[Items from a dataset]
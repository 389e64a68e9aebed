-- ===== src/Process/Laws/Modifies.antt =====
-- When process_message of src/floodgate/zerohop.py modifies a message.
use floodgate.Common.{
  String, Bool, true, false, Option, none, some, ◌≡◌, ◌↔◌, inl, inr, refl, sym, ap, ◌∙◌,
  Option-cases, if◌then◌else◌,
}
use floodgate.Bytes.{Bytes}
use floodgate.Value.{Fields, end, field, int}
use floodgate.Value.Int.{ℤ}
use floodgate.Config.{Config}
use floodgate.Config.Policy.{should_zerohop}
use floodgate.Topic.{parse_meshtastic_topic}
use floodgate.Zerohop.{ZerohopResult, peek_meta}
use floodgate.Service.{Service}
use floodgate.Process.Describe.{description, drop_description}
use floodgate.Process.{
  ProcessResult, passthru, modify, World, drop_check, is_zero_hop, hop_value, process_message,
  zerohop_of,
}
use floodgate.Process.Verdicts.{
  otherwise_pass, finished, zerohop_verdict, packet_verdict, process_packet_case,
  process_other_case,
}
use floodgate.Process.Laws.{passthru_ne_modify, otherwise_ne_modify}

module _ {Envelope Packet : Type 0} (world : World Envelope Packet) where
  -- A message that is to be modified: its topic is a packet topic, the drop filter passes it,
  -- should_zerohop says yes to its channel, its payload has a modified form for a hop limit that is
  -- not 0, and its record can be written.
  pub record IsToModify (topic : String) (payload bytes : Bytes) (config : Config) : Type 0 where
    pub channel : String
    pub encoding : String
    pub portnum : Option String
    pub old_hop : Option ℤ
    pub meta : Fields
    pub described : Fields
    pub parsed : parse_meshtastic_topic topic ≡ some (channel, encoding)
    pub kept : drop_check world config channel encoding payload ≡ some (false, portnum)
    pub wanted : should_zerohop config channel ≡ some true
    pub changed : zerohop_of world encoding payload ≡ some (some bytes, old_hop, meta)
    pub not_zero : is_zero_hop old_hop ≡ false
    pub described_as : description meta (field "hop_limit" (hop_value old_hop) end) ≡ some described

  otherwise_modify :
      {A : Type 0} (o : Option A) (hop : Bool) (modified : Option Bytes) (bytes : Bytes)
      → (if hop then passthru else otherwise_pass o (modify modified)) ≡ modify (some bytes)
      → (hop ≡ false) × ((a : A) × (o ≡ some a)) × (modified ≡ some bytes)
  otherwise_modify o true modified bytes h = absurd (passthru_ne_modify (some bytes) h)
  otherwise_modify none false modified bytes h = absurd (passthru_ne_modify (some bytes) h)
  otherwise_modify (some a) false modified bytes h =
      (refl, (a, refl), ap (λ (r : ProcessResult). r.payload) h)

  finished-modify :
      (modified : Option Bytes) (old_hop : Option ℤ) (meta : Fields) (bytes : Bytes)
      → finished (modified, old_hop, meta) ≡ modify (some bytes)
      → (is_zero_hop old_hop ≡ false)
        × ((d : Fields) × (description meta (field "hop_limit" (hop_value old_hop) end) ≡ some d))
        × (modified ≡ some bytes)
  finished-modify none none meta bytes h = absurd (passthru_ne_modify (some bytes) h)
  finished-modify none (some hops) meta bytes h =
      otherwise_modify (description meta (field "hop_limit" (int hops) end))
        (is_zero_hop (some hops)) none bytes h
  finished-modify (some new) old_hop meta bytes h =
      otherwise_modify (description meta (field "hop_limit" (hop_value old_hop) end))
        (is_zero_hop old_hop) (some new) bytes h

  zerohop_modify_sound :
      (topic : String) (payload bytes : Bytes) (config : Config) (channel encoding : String)
      (portnum : Option String) (wanted : Option Bool) (result : Option ZerohopResult)
      → parse_meshtastic_topic topic ≡ some (channel, encoding)
      → drop_check world config channel encoding payload ≡ some (false, portnum)
      → should_zerohop config channel ≡ wanted
      → zerohop_of world encoding payload ≡ result
      → zerohop_verdict wanted result ≡ modify (some bytes)
      → IsToModify topic payload bytes config
  zerohop_modify_sound topic payload bytes config channel encoding portnum none result t k w z h =
      absurd (passthru_ne_modify (some bytes) h)
  zerohop_modify_sound topic payload bytes config channel encoding portnum (some false) result t k w
        z h =
      absurd (passthru_ne_modify (some bytes) h)
  zerohop_modify_sound topic payload bytes config channel encoding portnum (some true) none t k w z
        h =
      absurd (passthru_ne_modify (some bytes) h)
  zerohop_modify_sound topic payload bytes config channel encoding portnum (some true)
        (some (modified, old_hop, meta)) t k w z h =
      let (not_zero, (described, d), same) = finished-modify modified old_hop meta bytes h in
      record {
        channel = channel;
        encoding = encoding;
        portnum = portnum;
        old_hop = old_hop;
        meta = meta;
        described = described;
        parsed = t;
        kept = k;
        wanted = w;
        changed = z ∙ ap (λ m. some (m, old_hop, meta)) same;
        not_zero = not_zero;
        described_as = d;
      }

  packet_modify_sound :
      (topic : String) (payload bytes : Bytes) (config : Config) (channel encoding : String)
      (o : Option (Bool × Option String))
      → parse_meshtastic_topic topic ≡ some (channel, encoding)
      → drop_check world config channel encoding payload ≡ o
      → packet_verdict world encoding payload o
          (zerohop_verdict (should_zerohop config channel) (zerohop_of world encoding payload))
        ≡ modify (some bytes)
      → IsToModify topic payload bytes config
  packet_modify_sound topic payload bytes config channel encoding none t e h =
      absurd (passthru_ne_modify (some bytes) h)
  packet_modify_sound topic payload bytes config channel encoding (some (true, portnum)) t e h =
      absurd (
        otherwise_ne_modify
          (drop_description (peek_meta world.proto world.json encoding payload) portnum)
          (some bytes) h)
  packet_modify_sound topic payload bytes config channel encoding (some (false, portnum)) t e h =
      zerohop_modify_sound topic payload bytes config channel encoding portnum _ _ t e refl refl h

  process_message-modify_sound :
      (topic : String) (payload bytes : Bytes) (config : Config) (s : Service)
      → (process_message world topic payload config s).0 ≡ modify (some bytes)
      → IsToModify topic payload bytes config
  process_message-modify_sound topic payload bytes config s h =
      elim (Option-cases (parse_meshtastic_topic topic)) [
        | inl t ↦ absurd (
            passthru_ne_modify (some bytes)
              (sym (process_other_case world topic payload config s t) ∙ h))
        | inr ((channel, encoding), t) ↦
            packet_modify_sound topic payload bytes config channel encoding _ t refl
              (sym (process_packet_case world topic payload config s channel encoding t) ∙ h)
      ]

  process_message-modify_complete :
      (topic : String) (payload bytes : Bytes) (config : Config) (s : Service)
      → IsToModify topic payload bytes config
      → (process_message world topic payload config s).0 ≡ modify (some bytes)
  process_message-modify_complete topic payload bytes config s m = rw (
    process_packet_case world topic payload config s m.channel m.encoding m.parsed,
    m.kept,
    m.wanted,
    m.changed,
    m.not_zero,
    m.described_as,
  )

  -- process_message answers with modified bytes exactly if the topic is a packet topic, the drop
  -- filter passes the message, should_zerohop says yes to its channel, the zero-hop function returns
  -- those bytes for a hop limit that was not 0, and the record of the change can be written.
  pub process_message-modify_iff :
      (topic : String) (payload bytes : Bytes) (config : Config) (s : Service)
      → ((process_message world topic payload config s).0 ≡ modify (some bytes))
        ↔ IsToModify topic payload bytes config
  process_message-modify_iff topic payload bytes config s = (
    process_message-modify_sound topic payload bytes config s,
    process_message-modify_complete topic payload bytes config s,
  )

* **Problem details**: The answer must restate each entry word for word.

* **Your response**:
repository 389e64a68e9aebed
-- ===== src/Process/Laws/Modifies.antt =====
-- When process_message of src/floodgate/zerohop.py modifies a message.
use floodgate.Common.{
  String, Bool, true, false, Option, none, some, ◌≡◌, ◌↔◌, inl, inr, refl, sym, ap, ◌∙◌,
  Option-cases, if◌then◌else◌,
}
use floodgate.Bytes.{Bytes}
use floodgate.Value.{Fields, end, field, int}
use floodgate.Value.Int.{ℤ}
use floodgate.Config.{Config}
use floodgate.Config.Policy.{should_zerohop}
use floodgate.Topic.{parse_meshtastic_topic}
use floodgate.Zerohop.{ZerohopResult, peek_meta}
use floodgate.Service.{Service}
use floodgate.Process.Describe.{description, drop_description}
use floodgate.Process.{
  ProcessResult, passthru, modify, World, drop_check, is_zero_hop, hop_value, process_message,
  zerohop_of,
}
use floodgate.Process.Verdicts.{
  otherwise_pass, finished, zerohop_verdict, packet_verdict, process_packet_case,
  process_other_case,
}
use floodgate.Process.Laws.{passthru_ne_modify, otherwise_ne_modify}

module _ {Envelope Packet : Type 0} (world : World Envelope Packet) where
  -- A message that is to be modified: its topic is a packet topic, the drop filter passes it,
  -- should_zerohop says yes to its channel, its payload has a modified form for a hop limit that is
  -- not 0, and its record can be written.
  pub record IsToModify (topic : String) (payload bytes : Bytes) (config : Config) : Type 0 where
    pub channel : String
    pub encoding : String
    pub portnum : Option String
    pub old_hop : Option ℤ
    pub meta : Fields
    pub described : Fields
    pub parsed : parse_meshtastic_topic topic ≡ some (channel, encoding)
    pub kept : drop_check world config channel encoding payload ≡ some (false, portnum)
    pub wanted : should_zerohop config channel ≡ some true
    pub changed : zerohop_of world encoding payload ≡ some (some bytes, old_hop, meta)
    pub not_zero : is_zero_hop old_hop ≡ false
    pub described_as : description meta (field "hop_limit" (hop_value old_hop) end) ≡ some described

  otherwise_modify :
      {A : Type 0} (o : Option A) (hop : Bool) (modified : Option Bytes) (bytes : Bytes)
      → (if hop then passthru else otherwise_pass o (modify modified)) ≡ modify (some bytes)
      → (hop ≡ false) × ((a : A) × (o ≡ some a)) × (modified ≡ some bytes)
  otherwise_modify o true modified bytes h = absurd (passthru_ne_modify (some bytes) h)
  otherwise_modify none false modified bytes h = absurd (passthru_ne_modify (some bytes) h)
  otherwise_modify (some a) false modified bytes h =
      (refl, (a, refl), ap (λ (r : ProcessResult). r.payload) h)

  finished-modify :
      (modified : Option Bytes) (old_hop : Option ℤ) (meta : Fields) (bytes : Bytes)
      → finished (modified, old_hop, meta) ≡ modify (some bytes)
      → (is_zero_hop old_hop ≡ false)
        × ((d : Fields) × (description meta (field "hop_limit" (hop_value old_hop) end) ≡ some d))
        × (modified ≡ some bytes)
  finished-modify none none meta bytes h = absurd (passthru_ne_modify (some bytes) h)
  finished-modify none (some hops) meta bytes h =
      otherwise_modify (description meta (field "hop_limit" (int hops) end))
        (is_zero_hop (some hops)) none bytes h
  finished-modify (some new) old_hop meta bytes h =
      otherwise_modify (description meta (field "hop_limit" (hop_value old_hop) end))
        (is_zero_hop old_hop) (some new) bytes h

  zerohop_modify_sound :
      (topic : String) (payload bytes : Bytes) (config : Config) (channel encoding : String)
      (portnum : Option String) (wanted : Option Bool) (result : Option ZerohopResult)
      → parse_meshtastic_topic topic ≡ some (channel, encoding)
      → drop_check world config channel encoding payload ≡ some (false, portnum)
      → should_zerohop config channel ≡ wanted
      → zerohop_of world encoding payload ≡ result
      → zerohop_verdict wanted result ≡ modify (some bytes)
      → IsToModify topic payload bytes config
  zerohop_modify_sound topic payload bytes config channel encoding portnum none result t k w z h =
      absurd (passthru_ne_modify (some bytes) h)
  zerohop_modify_sound topic payload bytes config channel encoding portnum (some false) result t k w
        z h =
      absurd (passthru_ne_modify (some bytes) h)
  zerohop_modify_sound topic payload bytes config channel encoding portnum (some true) none t k w z
        h =
      absurd (passthru_ne_modify (some bytes) h)
  zerohop_modify_sound topic payload bytes config channel encoding portnum (some true)
        (some (modified, old_hop, meta)) t k w z h =
      let (not_zero, (described, d), same) = finished-modify modified old_hop meta bytes h in
      record {
        channel = channel;
        encoding = encoding;
        portnum = portnum;
        old_hop = old_hop;
        meta = meta;
        described = described;
        parsed = t;
        kept = k;
        wanted = w;
        changed = z ∙ ap (λ m. some (m, old_hop, meta)) same;
        not_zero = not_zero;
        described_as = d;
      }

  packet_modify_sound :
      (topic : String) (payload bytes : Bytes) (config : Config) (channel encoding : String)
      (o : Option (Bool × Option String))
      → parse_meshtastic_topic topic ≡ some (channel, encoding)
      → drop_check world config channel encoding payload ≡ o
      → packet_verdict world encoding payload o
          (zerohop_verdict (should_zerohop config channel) (zerohop_of world encoding payload))
        ≡ modify (some bytes)
      → IsToModify topic payload bytes config
  packet_modify_sound topic payload bytes config channel encoding none t e h =
      absurd (passthru_ne_modify (some bytes) h)
  packet_modify_sound topic payload bytes config channel encoding (some (true, portnum)) t e h =
      absurd (
        otherwise_ne_modify
          (drop_description (peek_meta world.proto world.json encoding payload) portnum)
          (some bytes) h)
  packet_modify_sound topic payload bytes config channel encoding (some (false, portnum)) t e h =
      zerohop_modify_sound topic payload bytes config channel encoding portnum _ _ t e refl refl h

  process_message-modify_sound :
      (topic : String) (payload bytes : Bytes) (config : Config) (s : Service)
      → (process_message world topic payload config s).0 ≡ modify (some bytes)
      → IsToModify topic payload bytes config
  process_message-modify_sound topic payload bytes config s h =
      elim (Option-cases (parse_meshtastic_topic topic)) [
        | inl t ↦ absurd (
            passthru_ne_modify (some bytes)
              (sym (process_other_case world topic payload config s t) ∙ h))
        | inr ((channel, encoding), t) ↦
            packet_modify_sound topic payload bytes config channel encoding _ t refl
              (sym (process_packet_case world topic payload config s channel encoding t) ∙ h)
      ]

  process_message-modify_complete :
      (topic : String) (payload bytes : Bytes) (config : Config) (s : Service)
      → IsToModify topic payload bytes config
      → (process_message world topic payload config s).0 ≡ modify (some bytes)
  process_message-modify_complete topic payload bytes config s m = rw (
    process_packet_case world topic payload config s m.channel m.encoding m.parsed,
    m.kept,
    m.wanted,
    m.changed,
    m.not_zero,
    m.described_as,
  )

  -- process_message answers with modified bytes exactly if the topic is a packet topic, the drop
  -- filter passes the message, should_zerohop says yes to its channel, the zero-hop function returns
  -- those bytes for a hop limit that was not 0, and the record of the change can be written.
  pub process_message-modify_iff :
      (topic : String) (payload bytes : Bytes) (config : Config) (s : Service)
      → ((process_message world topic payload config s).0 ≡ modify (some bytes))
        ↔ IsToModify topic payload bytes config
  process_message-modify_iff topic payload bytes config s = (
    process_message-modify_sound topic payload bytes config s,
    process_message-modify_complete topic payload bytes config s,
  )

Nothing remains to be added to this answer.